Below are the records. Retype exactly the lines between the lines holding "decide_priority priority_class uid empty_review" and "patch_text format_int list", inclusive.

Task material below:

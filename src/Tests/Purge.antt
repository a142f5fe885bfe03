-- ===== src/Tests/Purge.antt =====
-- Purging a master and a dead worker.
use ekco.Prelude.{String, ◌≡◌, refl, ◌⊎◌, false, none, some, [], ◌∷◌, ◌==◌, if◌then◌else◌}
use ekco.Errors.{ok}
use ekco.Kube.{ConfigMap, ClusterStatus, Call, Env}
use ekco.Cluster.Etcd.{
  remove_etcd_peer, get_etcd_peer_url, get_etcd_client_url, join_host_port, purged_member_id,
}
use ekco.Cluster.PurgeNode.{purge_osd_if, maybe_master, remove_master, purge_node}
use ekco.Cluster.PurgeNode.Order.{deletions, DeletedLast, purge_node-DeletedLast}
use ekco.Cluster.Kubeadm.{status_to_write, delete_endpoint, remove_kubeadm_endpoint}
use ekco.Cluster.Kubeadm.Status.{
  read_config, endpoint_at, status_to_write-spellings, Content, plain_spelling, lower_spelling,
  remove_kubeadm_endpoint_lem,
}
use ekco.Cluster.ClearNode.{clear_node}
use ekco.Cluster.ClearNode.Stuck.{pod_deletions, clear_node-stuck}
use ekco.Ekcoops.Nodes.{reconcile_node}
use ekco.Ekcoops.Nodes.Purging.{MayPurge, reconcile_node-deletions}
use ekco.Tests.Env.{nothing, env_with, master, dead_worker, tools_pod}
use ekco.Tests.Settings.{settings}

abbrev status : ClusterStatus
status = record {
  meta_kind = "ClusterStatus";
  meta_api_version = "kubeadm.k8s.io/v1beta2";
  kind = "";
  api_version = "";
  api_endpoints = none;
  api_endpoints_lc = some (
      (
        "m1",
        record {
          advertise_address = "";
          advertise_address_lc = "10.0.0.1";
          bind_port = 0;
          bind_port_lc = 6443;
        },
      )
      ∷ (
        "m2",
        record {
          advertise_address = "";
          advertise_address_lc = "10.0.0.2";
          bind_port = 0;
          bind_port_lc = 6443;
        },
      )
      ∷ []);
}

abbrev config : ConfigMap
config = record { name = "kubeadm-config"; contents = ("ClusterStatus", "text") ∷ [] }

abbrev env : Env
env = env_with (some status) (record nothing {
  node = ok master;
  nodes = ok (master ∷ dead_worker ∷ []);
  pods = ok (tools_pod ∷ []);
  config_map = ok config;
  members = record { id = 7; first_peer_url = "https://10.0.0.1:2380" } ∷ [];
})

-- The member of the purged master is removed before its Node.
purges_master : purge_node "m1" false none env [] ≡ (
  ok tt,
  Call.delete_node "m1"
      ∷ Call.etcd_member_remove 7
      ∷ Call.etcd_member_list
      ∷ Call.new_etcd_client ("https://10.0.0.2:2379" ∷ [])
      ∷ Call.get_etcd_tls
      ∷ Call.update_config_map "kube-system"
          (record config { contents = ("ClusterStatus", "printed") ∷ [] })
      ∷ Call.get_config_map "kube-system" "kubeadm-config"
      ∷ Call.get_node "m1"
      ∷ [],
)
unfolding purge_node purge_osd_if maybe_master remove_master remove_kubeadm_endpoint status_to_write
    remove_etcd_peer get_etcd_peer_url get_etcd_client_url join_host_port purged_member_id
purges_master = refl

purge_node-DeletedLast_example :
    DeletedLast "m1" (some master) env [] (purge_node "m1" false none env []).1
purge_node-DeletedLast_example = purge_node-DeletedLast "m1" false none env []

abbrev content : Content
content = ("ClusterStatus", "kubeadm.k8s.io/v1beta2", ("m1", "10.0.0.1", 6443) ∷ [])

status_to_write-spellings_example :
    (status_to_write (plain_spelling content) ≡ plain_spelling content)
    × (status_to_write (lower_spelling content) ≡ plain_spelling content)
status_to_write-spellings_example = status_to_write-spellings content

remove_kubeadm_endpoint_example :
    (remove_kubeadm_endpoint "m1" env [] ≡ (
      ok ("10.0.0.1", "10.0.0.2" ∷ []),
      Call.update_config_map "kube-system"
            (record config { contents = ("ClusterStatus", "printed") ∷ [] })
          ∷ read_config
          ∷ [],
    ))
    × ((name : String)
        → endpoint_at name (status_to_write (delete_endpoint "m1" status))
          ≡ (if "m1" == name then none else endpoint_at name status))
remove_kubeadm_endpoint_example =
    remove_kubeadm_endpoint_lem "m1" env [] config "text" "printed" status
      (record {
        advertise_address = "";
        advertise_address_lc = "10.0.0.1";
        bind_port = 0;
        bind_port_lc = 6443;
      })
      refl refl refl refl refl refl

-- Begun 100 seconds ago.
clear_node-stuck_example :
    ((clear_node "w1" env []).0 ≡ ok tt)
    × (pod_deletions (clear_node "w1" env []).1 ≡ Call.delete_pod "rook-ceph" "tools" ∷ [])
clear_node-stuck_example =
    clear_node-stuck env 1000 (λ t. refl) (λ ns name t. refl) "w1" (tools_pod ∷ []) [] refl

reconcile_node-deletions_example :
    let t' = (reconcile_node settings (1, 0) none dead_worker env []).1 in
    (deletions t' ≡ []) ⊎ (deletions t' ≡ "w1" ∷ []) × MayPurge settings dead_worker (1, 0)
reconcile_node-deletions_example = reconcile_node-deletions settings (1, 0) none dead_worker env []
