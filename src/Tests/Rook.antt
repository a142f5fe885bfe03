-- ===== src/Tests/Rook.antt =====
-- Rook's pools, daemons and storage nodes at concrete values.
use ekco.Prelude.{◌≤◌, ◌≡◌, refl, none, some, List, [], ◌∷◌, arith}
use ekco.Errors.{ok}
use ekco.Kube.{CephFilesystem, Piece, word, Env}
use ekco.PodExec.{code_exit_error, exec_container, sync_exec}
use ekco.Cluster.Exec.Outcome.{list_rook_pods}
use ekco.Cluster.Replication.{filesystem_patches, scale_pool}
use ekco.Cluster.Replication.Patches.{apply_to_filesystem, filesystem_patches-raise}
use ekco.Cluster.Replication.Outcome.{scale_pool_without_pods}
use ekco.Cluster.Storage.{with_names, add_storage_nodes}
use ekco.Cluster.Storage.Nodes.{add_storage_nodes_again}
use ekco.Cluster.Storage.Hosts.{codes, match_host}
use ekco.Cluster.Storage.Hosts.Parse.{match_host-two_digits}
use ekco.Ekcoops.RookStorage.{replication_factor}
use ekco.Ekcoops.RookStorage.Levels.{replication_factor_bounds}
use ekco.Tests.Env.{nothing, env_with, tools_pod, rook_1_9, ceph}
use ekco.Tests.Settings.{settings}

abbrev env : Env
env = env_with none (record nothing {
  cluster = ok ceph;
  pool = ok (record { name = "replicapool"; replicated_size = 1 });
  pods = ok (tools_pod ∷ []);
})

abbrev no_pods : Env
no_pods = env_with none nothing

abbrev status_cmd : List Piece
status_cmd = word "ceph" ∷ word "status" ∷ []

abbrev filesystem : CephFilesystem
filesystem = record {
  name = "fs";
  data_pools = 1 ∷ 5 ∷ [];
  metadata_pool = 2;
  preferred_rules = none;
}

filesystem_patches-raise_example :
    apply_to_filesystem (filesystem_patches 3 filesystem) filesystem
    ≡ record filesystem { data_pools = 3 ∷ 5 ∷ []; metadata_pool = 3 }
filesystem_patches-raise_example = filesystem_patches-raise 3 filesystem

scale_pool_without_pods_example :
    scale_pool rook_1_9 none "device_health_metrics" 3 no_pods []
    ≡ (ok tt, list_rook_pods rook_1_9 no_pods ∷ list_rook_pods rook_1_9 no_pods ∷ [])
scale_pool_without_pods_example =
    scale_pool_without_pods rook_1_9 none no_pods "device_health_metrics" 3 [] (λ t. refl)

add_storage_nodes_again_example :
    add_storage_nodes
      (record ceph { storage_nodes = with_names ceph.storage_nodes ("w1" ∷ "m1" ∷ []) })
      ("w1" ∷ "m1" ∷ [])
      env
      []
    ≡ (ok tt, [])
add_storage_nodes_again_example = add_storage_nodes_again env ceph ("w1" ∷ "m1" ∷ []) []

match_host-two_digits_example : match_host (b'|' ∷ b' ' ∷ b'1' ∷ b'0' ∷ codes " | n1 |") ≡ none
match_host-two_digits_example =
    match_host-two_digits (b'|' ∷ b' ' ∷ []) b'1' b'0' (codes " | n1 |") (refl, (refl, tt)) refl
      refl

replication_factor_bounds_example :
    (1 ≤ replication_factor settings 2)
    × (replication_factor settings 2 ≤ 3)
    × (replication_factor settings 2 ≡ 2)
    × (replication_factor settings 2 ≤ replication_factor settings 5)
replication_factor_bounds_example =
    replication_factor_bounds settings 2 5 (omega arith) (omega arith)

-- A command that ends with the code 2 is answered without an error.
no_entry :
    (sync_exec
      (record { executor = ok tt; ended = some (code_exit_error 2); stdout = ""; stderr = "" })).1
    ≡ ok tt
unfolding sync_exec exec_container
no_entry = refl
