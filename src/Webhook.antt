-- ===== src/Webhook.antt =====
-- pkg/webhook/rook-priority.go and pkg/webhook/pod-image-overrides.go: the two admission handlers. The
-- decoders of apimachinery are the parameters `review` and `decode_pod`.
pub mod Images
pub mod Install
use Prim.Native.String.{◌++◌ as join_text}
use ekco.Prelude.{
  ℕ, ◌+◌, String, Bool, true, false, ◌&&◌, ◌||◌, Option, none, some, List, [], ◌∷◌, ◌++◌, map, ◌==◌,
  if◌then◌else◌, lookup,
}
use ekco.Kube.{when}
use ekco.Prelude.Text.{join_all}

pub record AdmissionRequest : Type 0 where
  pub uid : String
  pub group : String
  pub resource : String
  pub namespace : String
  pub object : String

-- `message` is that of an error; `patch` is `none` without one.
pub record AdmissionResponse : Type 0 where
  pub uid : String
  pub allowed : Bool
  pub patch : Option String
  pub message : Option String

-- The two lists of containers of the pod under review, by their images.
pub record PodImages : Type 0 where
  pub init_images : List String
  pub images : List String

-- What a handler does: it answers, it aborts with 500, it returns without an answer, or it panics on a
-- nil pointer.
pub data Handled : Type 0 where
  replied : AdmissionResponse → Handled
  aborted_500 : String → Handled
  silent : Handled
  panicked : Handled

-- What reading the body and `Decode` make of it: an error of either, a review without a request, or one
-- with it.
pub data Review : Type 0 where
  unread : String → Review
  undecoded : String → Review
  empty_review : Review
  review_of : AdmissionRequest → Review

abbrev pub priority_patch : String → String
priority_patch priority_class =
    join_text "[{\"op\":\"replace\",\"path\":\"/spec/template/spec/priorityClassName\",\"value\":\""
      (join_text priority_class "\"}]")

abbrev pub is_rook_workload : AdmissionRequest → Bool
is_rook_workload r =
    r.group == "apps"
    && (r.resource == "deployments" || r.resource == "daemonsets")
    && r.namespace == "rook-ceph"

-- `if request.Request != nil`: a response has the UID of the request, if there is one yet.
abbrev pub uid_of : Option AdmissionRequest → String
uid_of none = ""
uid_of (some r) = r.uid

-- The request before the body is decoded.
abbrev initial_request : Option AdmissionRequest
initial_request = none

-- What follows the copy of the UID.
abbrev decide_priority : String → String → Review → Handled
decide_priority priority_class uid (unread message) = aborted_500 message
decide_priority priority_class uid (undecoded message) =
    replied (record { uid = uid; allowed = false; patch = none; message = some message })
decide_priority priority_class uid empty_review = panicked
decide_priority priority_class uid (review_of r) = replied (record {
  uid = uid;
  allowed = true;
  patch = if is_rook_workload r then some (priority_patch priority_class) else none;
  message = none;
})

-- The UID is copied before the body is read.
unfoldable pub rook_priority : String → Review → Handled
rook_priority priority_class review = decide_priority priority_class (uid_of initial_request) review

-- The patches of one list of containers, from the index of its first: the index and the new image.
unfoldable pub image_patches : List (String × String) → ℕ → List String → List (ℕ × String)
image_patches overrides i [] = []
image_patches overrides i (image ∷ images) =
    let rest = image_patches overrides (i + 1) images in
    elim (lookup image overrides) [ none ↦ rest | some new ↦ (i, new) ∷ rest ]

abbrev patch_text : (ℕ → String) → String → ℕ × String → String
patch_text format_int list (i, new) = join_text "{\"op\":\"replace\",\"path\":\"/spec/" (
    join_text list (
      join_text "/"
        (join_text (format_int i) (join_text "/image\",\"value\":\"" (join_text new "\"}")))))

abbrev pub all_patches : (ℕ → String) → List (String × String) → PodImages → List String
all_patches format_int overrides pod =
    map (patch_text format_int "initContainers") (image_patches overrides 0 pod.init_images)
    ++ map (patch_text format_int "containers") (image_patches overrides 0 pod.images)

abbrev patch_of : List String → Option String
patch_of [] = none
patch_of (p ∷ patches) = some (join_text "[" (join_text (join_all (p ∷ patches) ",") "]"))

-- A pod that cannot be decoded gets no answer.
abbrev override_pod : (ℕ → String) → List (String × String) → String → Option PodImages → Handled
override_pod format_int overrides uid none = silent
override_pod format_int overrides uid (some pod) = replied (record {
  uid = uid;
  allowed = true;
  patch = patch_of (all_patches format_int overrides pod);
  message = none;
})

unfoldable pub override_pod_images :
    (ℕ → String) → (String → Option PodImages) → List (String × String) → Review → Handled
override_pod_images format_int decode_pod overrides (unread message) = aborted_500 message
override_pod_images format_int decode_pod overrides (undecoded message) =
    replied (record { uid = ""; allowed = false; patch = none; message = some message })
override_pod_images format_int decode_pod overrides empty_review = panicked
override_pod_images format_int decode_pod overrides (review_of r) =
    if r.resource == "pods"
    then override_pod format_int overrides r.uid (decode_pod r.object)
    else replied (record { uid = r.uid; allowed = true; patch = none; message = none })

End of Task material.

Answer area:
decide_priority priority_class uid empty_review = panicked
decide_priority priority_class uid (review_of r) = replied (record {
  uid = uid;
  allowed = true;
  patch = if is_rook_workload r then some (priority_patch priority_class) else none;
  message = none;
})

-- The UID is copied before the body is read.
unfoldable pub rook_priority : String → Review → Handled
rook_priority priority_class review = decide_priority priority_class (uid_of initial_request) review

-- The patches of one list of containers, from the index of its first: the index and the new image.
unfoldable pub image_patches : List (String × String) → ℕ → List String → List (ℕ × String)
image_patches overrides i [] = []
image_patches overrides i (image ∷ images) =
    let rest = image_patches overrides (i + 1) images in
    elim (lookup image overrides) [ none ↦ rest | some new ↦ (i, new) ∷ rest ]

abbrev patch_text : (ℕ → String) → String → ℕ × String → String
patch_text format_int list (i, new) = join_text "{\"op\":\"replace\",\"path\":\"/spec/" (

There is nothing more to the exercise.